A public interest litigation is a special kind of struggle, where plaintiffs' lawyers represent both their clients and a larger principle that they seek to vindicate. The burdens of serving both are heavy, but the satisfactions of success are even greater. And, as the story of the Orlikow case illustrates, the fight itself is nothing if not engrossing and challenging. Where else can a lawyer interrogate a CIA Director one day and draft questions for a Member of Parliament the next? To us it seems that public interest lawyers enjoy the lion's share of the satisfactions in our profession.

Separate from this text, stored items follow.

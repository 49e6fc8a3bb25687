-- ===== src/Diagnosis/Validator/Check.antt =====
-- `validate` of tools/viewer/web/diagnosis_validator.js: the checks of the items of a reply, which
-- change some of them, and the whole.
use open_fpgastudio.Base.{
  ℕ, zero, suc, ◌+◌, ◌*◌, Bool, true, false, not, ◌&&◌, ◌||◌, Option, none, some, List, [], ◌∷◌,
  ◌++◌, length, ltb, ◌==◌, if◌then◌else◌,
}
use open_fpgastudio.Base.Texts.{Text, codes, dec}
use open_fpgastudio.Diagnosis.Json.{
  Number, Value, Items, Fields, null, num, str, arr, obj, nil, cons, texts, get_field, set_field,
}
use open_fpgastudio.Diagnosis.Redaction.{contains}
use open_fpgastudio.Diagnosis.Validator.{
  Verdict, thrown, invalid, valid, in_unit, capped, no_ids, is_text, add_if, is_mutating,
  shape_errors,
}

-- `allowed.has(id)`; the set holds strings.
unfoldable pub is_known : List Text → Value → Bool
unfolding contains
is_known allowed (str id) = contains allowed id
is_known allowed _ = false

abbrev pub at_index : Text → ℕ → Text
at_index key index = key ++ codes "[" ++ dec index ++ codes "]"

unfoldable pub confidence_errors : ℕ → Option Value → List Text
unfolding in_unit
confidence_errors index (some (num n)) =
    add_if (not (in_unit n)) (codes "invalid_confidence:" ++ at_index (codes "hypotheses") index)
confidence_errors index _ =
    (codes "invalid_confidence:" ++ at_index (codes "hypotheses") index) ∷ []

-- JavaScript's conversions: `String(value)` of a value that is no string, and `Number(value) || 0` of one
-- that is no number; either throws for some objects.
pub record Conversions : Type 0 where
  pub string_of : Value → Option Text
  pub number_of : Value → Option Number

abbrev pub quarter_at_most : Option Number → Option Value
quarter_at_most none = none
quarter_at_most (some n) = some (num (capped n))

-- `Math.min(Number(confidence) || 0, 0.25)`; a missing confidence counts as 0.
unfoldable pub capped_value : Conversions → Option Value → Option Value
unfolding capped
capped_value js none = some (num (record { negative = false; top = 0; bottom = 1 }))
capped_value js (some (num n)) = quarter_at_most (some n)
capped_value js (some v) = quarter_at_most (js.number_of v)

abbrev pub put_confidence : Option Value → Fields → Option Fields
put_confidence none fields = none
put_confidence (some v) fields = some (set_field (codes "confidence") v fields)

-- A hypothesis without evidence.
unfoldable pub mark_unverified : Conversions → Fields → Option Fields
unfolding no_ids capped_value get_field set_field
mark_unverified js fields =
    let marked = set_field (codes "status") (str (codes "unverified")) fields in
    if no_ids (get_field (codes "evidence_ids") fields)
    then put_confidence (capped_value js (get_field (codes "confidence") marked)) marked
    else some fields

unfoldable pub text_leb : Text → Text → Bool
text_leb [] t = true
text_leb (c ∷ cs) [] = false
text_leb (c ∷ cs) (d ∷ ds) = ltb c d || (c == d && text_leb cs ds)

unfoldable pub insert_text : Text → List Text → List Text
unfolding text_leb
insert_text t [] = t ∷ []
insert_text t (u ∷ us) =
    let others = insert_text t us in if text_leb t u then t ∷ u ∷ us else u ∷ others

-- `conflicts.sort()`
unfoldable pub sort_texts : List Text → List Text
unfolding insert_text
sort_texts [] = []
sort_texts (t ∷ ts) = insert_text t (sort_texts ts)

-- `contradicts_rule_ids.filter((id) => localRules.has(id))`
unfoldable pub known_texts : List Text → Items → List Text
unfolding contains
known_texts rules nil = []
known_texts rules (cons (str t) items) =
    let others = known_texts rules items in if contains rules t then t ∷ others else others
known_texts rules (cons v items) = known_texts rules items

unfoldable pub rule_conflicts : List Text → Option Value → List Text
unfolding known_texts
rule_conflicts rules (some (arr items)) = known_texts rules items
rule_conflicts rules _ = []

abbrev pub record_conflicts : List Text → Fields → Fields
record_conflicts [] fields = fields
record_conflicts conflicts fields =
    set_field (codes "conflicts_with_local_findings") (arr (texts (sort_texts conflicts))) fields

unfoldable pub mark_conflicts : List Text → Fields → Fields
unfolding rule_conflicts sort_texts get_field set_field
mark_conflicts rules fields =
    record_conflicts (rule_conflicts rules (get_field (codes "contradicts_rule_ids") fields)) fields

-- The safety of an action whose text is `action`.
unfoldable pub safety_of : Text → Option Value → Text
unfolding is_mutating is_text
safety_of action safety =
    if is_mutating action || is_text (codes "mutating") safety
    then codes "requires_manual_confirmation"
    else if is_text (codes "read_only") safety
    then codes "read_only"
    else codes "manual"

abbrev pub with_safety : ℕ → Option Value → Fields → Value × List Text
with_safety index (some (str action)) fields = (
  obj (
      set_field (codes "safety") (str (safety_of action (get_field (codes "safety") fields)))
        fields),
  [],
)
with_safety index _ fields =
    (obj fields, (codes "invalid_action:" ++ at_index (codes "recommended_actions") index) ∷ [])

unfoldable pub check_action : ℕ → Value → Option (Value × List Text)
unfolding safety_of get_field set_field
check_action index (obj fields) =
    some (with_safety index (get_field (codes "action") fields) fields)
check_action index v =
    some (v, (codes "invalid_action:" ++ at_index (codes "recommended_actions") index) ∷ [])

-- The `forEach` loops: an item is changed, and errors are added, until one throws.
abbrev pub and_then :
    Option (Value × List Text) → Option (Items × List Text) → Option (Items × List Text)
and_then none others = none
and_then (some first) none = none
and_then (some (v, errors)) (some (items, more)) = some (cons v items, errors ++ more)

unfoldable pub check_each :
    (ℕ → Value → Option (Value × List Text)) → ℕ → Items → Option (Items × List Text)
check_each f index nil = some (nil, [])
check_each f index (cons v items) = and_then (f index v) (check_each f (index + 1) items)

abbrev pub items_of : Option Value → Items
items_of (some (arr items)) = items
items_of _ = nil

-- `Array.from(new Set(errors))`
unfoldable pub without_repeats : List Text → List Text → List Text
unfolding contains
without_repeats seen [] = []
without_repeats seen (e ∷ es) =
    let known = contains seen e in
    let others = without_repeats (if known then seen else e ∷ seen) es in
    if known then others else e ∷ others

abbrev pub validated : Option Value → Value
validated (some (obj metadata)) =
    obj (set_field (codes "validation_status") (str (codes "validated")) metadata)
validated _ = null

-- The end of `validate`, once the shape is right; a throw of one of the loops goes through.
abbrev pub conclude :
    Fields
    → Option (Items × List Text)
    → Option (Items × List Text)
    → Option (Items × List Text)
    → Verdict
conclude fields (some (facts, e)) (some (hypotheses, f)) (some (actions, g)) =
    let changed =
      set_field (codes "recommended_actions") (arr actions)
        (set_field (codes "hypotheses") (arr hypotheses) fields) in
    elim (e ++ f ++ g) [
      | [] ↦ valid (
          obj (
            set_field (codes "metadata") (validated (get_field (codes "metadata") changed))
              changed))
      | error ∷ errors ↦ invalid (without_repeats [] (error ∷ errors))
    ]
conclude fields _ _ _ = thrown

-- `options.maxBytes || MAX_BYTES`
abbrev pub limit_of : Option ℕ → ℕ
limit_of none = 256 * 1024
limit_of (some zero) = 256 * 1024
limit_of (some (suc n)) = suc n

-- One id, by whether it is known, its text, and the errors of the ids behind it.
abbrev pub with_id : Bool → Option Text → Option (List Text) → Option (List Text)
with_id true id errors = errors
with_id false none errors = none
with_id false (some id) none = none
with_id false (some id) (some errors) = some ((codes "unknown_evidence:" ++ id) ∷ errors)

abbrev pub with_errors : Value → Option (List Text) → Option (Value × List Text)
with_errors v none = none
with_errors v (some errors) = some (v, errors)

-- A hypothesis, by its evidence's errors, its fields when it has been marked, and its confidence's
-- errors.
abbrev pub with_conflicts :
    List Text → Option (List Text) → Option Fields → List Text → Option (Value × List Text)
with_conflicts rules (some errors) (some marked) more =
    some (obj (mark_conflicts rules marked), errors ++ more)
with_conflicts rules _ _ more = none

module _ (js : Conversions) where
  -- `${id}`
  abbrev pub id_text : Value → Option Text
  id_text (str t) = some t
  id_text v = js.string_of v

  unfoldable pub unknown_ids : List Text → Items → Option (List Text)
  unfolding is_known
  unknown_ids allowed nil = some []
  unknown_ids allowed (cons id ids) =
      with_id (is_known allowed id) (id_text id) (unknown_ids allowed ids)

  -- `checkEvidence`, from `item.evidence_ids`.
  unfoldable pub evidence_errors : List Text → Text → Option Value → Option (List Text)
  unfolding unknown_ids
  evidence_errors allowed path (some (arr ids)) = unknown_ids allowed ids
  evidence_errors allowed path _ = some ((codes "invalid_evidence_ids:" ++ path) ∷ [])

  abbrev pub ids_of : Value → Option Value
  ids_of (obj fields) = get_field (codes "evidence_ids") fields
  ids_of _ = none

  -- Reading a field of `null` throws.
  unfoldable pub check_fact : List Text → ℕ → Value → Option (Value × List Text)
  unfolding evidence_errors get_field
  check_fact allowed index null = none
  check_fact allowed index v =
      with_errors v (evidence_errors allowed (at_index (codes "observed_facts") index) (ids_of v))

  -- An array has no `evidence_ids`, and what is written to its properties is not in its JSON; writing
  -- to a property of a string, a number or a Boolean throws.
  unfoldable pub check_hypothesis : List Text → List Text → ℕ → Value → Option (Value × List Text)
  unfolding evidence_errors confidence_errors mark_unverified mark_conflicts get_field
  check_hypothesis allowed rules index (obj fields) =
      with_conflicts rules
        (evidence_errors allowed (at_index (codes "hypotheses") index)
          (get_field (codes "evidence_ids") fields))
        (mark_unverified js fields)
        (confidence_errors index (get_field (codes "confidence") fields))
  check_hypothesis allowed rules index (arr items) = some (
    arr items,
    (codes "invalid_evidence_ids:" ++ at_index (codes "hypotheses") index)
        ∷ confidence_errors index none,
  )
  check_hypothesis allowed rules index v = none

  unfoldable pub validate_items : List Text → List Text → Fields → Verdict
  unfolding check_each check_fact check_hypothesis check_action without_repeats get_field set_field
  validate_items evidence rules fields =
      conclude fields
        (check_each (check_fact evidence) 0 (items_of (get_field (codes "observed_facts") fields)))
        (check_each (check_hypothesis evidence rules) 0
          (items_of (get_field (codes "hypotheses") fields)))
        (check_each check_action 0 (items_of (get_field (codes "recommended_actions") fields)))

  -- `if (errors.length)`, with the errors so far.
  abbrev pub after_shape : List Text → List Text → Fields → List Text → Verdict
  after_shape evidence rules fields [] = validate_items evidence rules fields
  after_shape evidence rules fields (error ∷ errors) = invalid (error ∷ errors)

  abbrev pub validate_parsed : List Text → List Text → List Text → Text → Option Value → Verdict
  validate_parsed forbidden evidence rules serialized none = invalid (codes "invalid_json" ∷ [])
  validate_parsed forbidden evidence rules serialized (some (obj fields)) =
      after_shape evidence rules fields (shape_errors forbidden serialized fields)
  validate_parsed forbidden evidence rules serialized (some v) =
      invalid (codes "result_must_be_object" ∷ [])

  -- `validate`
  unfoldable pub validate :
      Option ℕ → List Text → List Text → List Text → Text → Option Value → Verdict
  unfolding validate_items shape_errors
  validate max_bytes forbidden evidence rules serialized parsed =
      if ltb (limit_of max_bytes) (length serialized)
      then invalid (codes "response_too_large" ∷ [])
      else validate_parsed forbidden evidence rules serialized parsed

It is easy for lawyers to lead a schizophrenic existence -- voicing socially responsible views in private, but representing anyone who can pay regardless of the damage to the public their clients and their cases will cause. An integrated life where one's professional activities are an extension of the same ethical and moral principles that shape one's private relations is a boon too often ignored or dismissed as unattainable in the "real world." We don't know of anyone who can work harder or have as much satisfaction in the practice of law as a lawyer whose cases are an extension of personal principles and commitments.

With all its frustrations, the Orlikow case was highly satisfying -- a lesson in the capacity of an enlightened legal system to do justice even when the most powerful agencies and interests are arrayed against it. May we call it one ray of hope in troubled times?